Marie rose. ‘I won’t have dessert, thank you. I’m going to the bathroom.’
She was blooming, a dark flower, hot with colour. She walked past the diners feeling strange and raw and defiant, and into the palatial bathroom of granite and marble. The entire wall was a panorama of the Finger Wharf and South Head. She pressed her face to the glass. She could make out the swoop of New South Head Road, the restaurants of Rose Bay, large white houses and square apartment blocks. The whole headland sparkling and gay as a party. All that gravy. All that stew.
She washed her hands and touched up her lipstick. David was signing a credit card docket when she returned. She collected her shawl and waited for him by the lifts. He stepped in after her, pressed the button and stood against the mirrored wall.
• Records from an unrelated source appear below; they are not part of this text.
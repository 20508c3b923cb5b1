-- ===== src/Tools.antt =====
-- enclave/tools: the registry, the router, and the tools.
pub mod Registry
pub mod Router
pub mod Args
pub mod Disk
pub mod Edits
pub mod ApiCall
pub mod Affixes
pub mod FileOps
pub mod Tests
The lift began its plunge.
Then David’s finger was running along her collar, his voice was in her ear, ‘Oh, I can’t wait to get you home and get a better look at you.’
Marie spun and slapped him across the face. David stood back with vacant eyes, hand on his cheek. The lift bumped to the ground and Marie walked out through the foyer. Behind her, David began to laugh. It came to her then that their waiter had been the man with the moustache she had seen at Rhys and Rob’s studio. She kept walking, the sound of David’s laughter ringing in her ears.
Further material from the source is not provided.